Anche nella mia zona d'origine (da sempre estremamente tranquilla) ci sono state varie case svaligiate. E a Milano in Ripamonti non ne parliamo. Sarà un caso che il 90% dei responsabili sia straniero? E non americano, canadese o koreano, ma di altri posti nell'est Europa...


----------



## Doctore (22 Ottobre 2012)

I ******** in genere quando entrano in una casa lo fanno perche sanno che ci sono valori(oro,soldi) grazie a delle soffiate o pedinamenti.Bisogna stare attenti a quello che si dice in giro anche quando parli con un tuo amico in un bar


----------



## riccardokaka (22 Ottobre 2012)

Mah non so...nessuno sa di queste cose, anche parlandone con i miei familiari. Non saprei...comunque anche nella mia zona sono aumentati parecchio nell'ultimo periodo (zona Affori, Milano)...dicono che sia una nuova banda di zingari arrivata da poco in Italia...


----------



## Fabry_cekko (22 Ottobre 2012)

Lex Hallelujah ha scritto:


> Anche nella mia zona d'origine (da sempre estremamente tranquilla) ci sono state varie case svaligiate. E a Milano in Ripamonti non ne parliamo. Sarà un caso che il 90% dei responsabili sia straniero? E non americano, canadese o koreano, ma di altri posti nell'est Europa...

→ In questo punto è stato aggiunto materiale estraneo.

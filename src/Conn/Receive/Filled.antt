-- ===== src/Conn/Receive/Filled.antt =====
-- A packet that was missing is accepted when it comes after all.
use streamsync.Base.{ℕ, ◌+◌, ◌-◌, ◌^◌, ◌<◌, ◌≤◌, ◌≡◌, ◌∙◌, ap₂, arith, none, some, length}
use streamsync.Conn.LossList.{LossList, BinarySearch, extend_range, remove, remove_at}
use streamsync.Conn.LossList.Sorted.{IsAscending}
use streamsync.Conn.LossList.Recorded.{remove-extend_range}
use streamsync.Conn.Receive.{handle_data}
use streamsync.Conn.Receive.Gap.{handle_data_gap, handle_data_lost}
use streamsync.Conn.State.{OutputSink, Connection, write_sink}
use streamsync.Conn.State.Clock.{Publishes}
use streamsync.Packet.{DataPacket, packet_sequence_number}
use streamsync.Packet.HeaderFields.{packet_sequence_number-lt}
use streamsync.Proto.Error.{ok}
use streamsync.Sequence.{add_sequence}

module _ {S : Type 0} (o : OutputSink S) (bs : BinarySearch) (depth : ℕ) where
  -- At a publishing peer, let the packet `p` jump ahead of the expected number `k`, which is above
  -- every number recorded as lost from `lo` on, all within half the range; and let there be
  -- room on the stack for as many calls as numbers are missing. If a packet `q` with one of the
  -- missing numbers, `k + j`, is the next to come, it goes to the sink, and the number expected next
  -- is still the one after `p`.
  pub handle_data_filled :
      (t1 t2 lo j : ℕ) (p q : DataPacket) (c : Connection S)
      → Publishes c
      → remove bs (packet_sequence_number p.header) c.loss_list ≡ none
      → IsAscending lo c.client_sequence_number c.loss_list
      → lo ≤ c.client_sequence_number
      → c.client_sequence_number < packet_sequence_number p.header
      → packet_sequence_number p.header ≤ lo + 2 ^ 30
      → packet_sequence_number p.header < c.client_sequence_number + 2 ^ 30
      → packet_sequence_number p.header - c.client_sequence_number ≤ depth
      → packet_sequence_number q.header ≡ c.client_sequence_number + j
      → c.client_sequence_number + j < packet_sequence_number p.header
      → (c1 : Connection S) × (c2 : Connection S) × (handle_data o bs depth t1 p c ≡ ok c1)
        × (c1.poll_state ≡ write_sink p)
        × (handle_data o bs depth t2 q c1 ≡ ok c2)
        × (c2.poll_state ≡ write_sink q)
        × (c2.client_sequence_number ≡ add_sequence (packet_sequence_number p.header) 1)
  handle_data_filled t1 t2 lo j p q c v fresh sorted low after span near deep number missing =
      let k = c.client_sequence_number in
      let seq = packet_sequence_number p.header in
      let (c1, e, sent, next, losses, _, w) =
        handle_data_gap o bs depth t1 p c v fresh after near deep in
      let whole : k + (seq - k) ≡ seq = omega arith in
      let recorded = extend_range (seq - k) k t1 c.loss_list in
      let known : remove bs (packet_sequence_number q.header) c1.loss_list
          ≡ some (t1, remove_at (length c.loss_list + j) recorded) =
        ap₂ (λ (n : ℕ) (l : LossList). remove bs n l) number losses
        ∙ remove-extend_range bs (seq - k) k t1 lo j c.loss_list sorted low (omega arith)
            (omega (arith, whole)) (omega (arith, whole, packet_sequence_number-lt p.header)) in
      let (c2, f, accepted, kept, _, _) = handle_data_lost o bs depth t2 q c1 t1 _ w known in
      (c1, c2, e, sent, f, accepted, kept ∙ next)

e chissà qual è quel posto...


----------



## Arsozzenal (22 Ottobre 2012)

e il bello è che se ti entrano dentro e gli fai qualcosa vai te nei casini!!veramente una vergogna sto paese!!!ma stiamo scherzando che uno entra in casa mia???ma io ti sparo!!!!


----------



## Z A Z A' (22 Ottobre 2012)

tamba84 ha scritto:


> sarà *l'apalissiano* di consiglio,ma io lo metterei-o una porta blindata-per costi di questa dovresti parlar con lollo che le vende!
> 
> dopo quanto avvenuto pensi d metterlo?





Comunque mi dispiace per voi ragazzi,deve essere orribile non sentirsi al sicuro in casa propria.


----------



## tamba84 (22 Ottobre 2012)

Arsozzenal ha scritto:


> e il bello è che se ti entrano dentro e gli fai qualcosa vai te nei casini!!veramente una vergogna sto paese!!!ma stiamo scherzando che uno entra in casa mia???ma io ti sparo!!!!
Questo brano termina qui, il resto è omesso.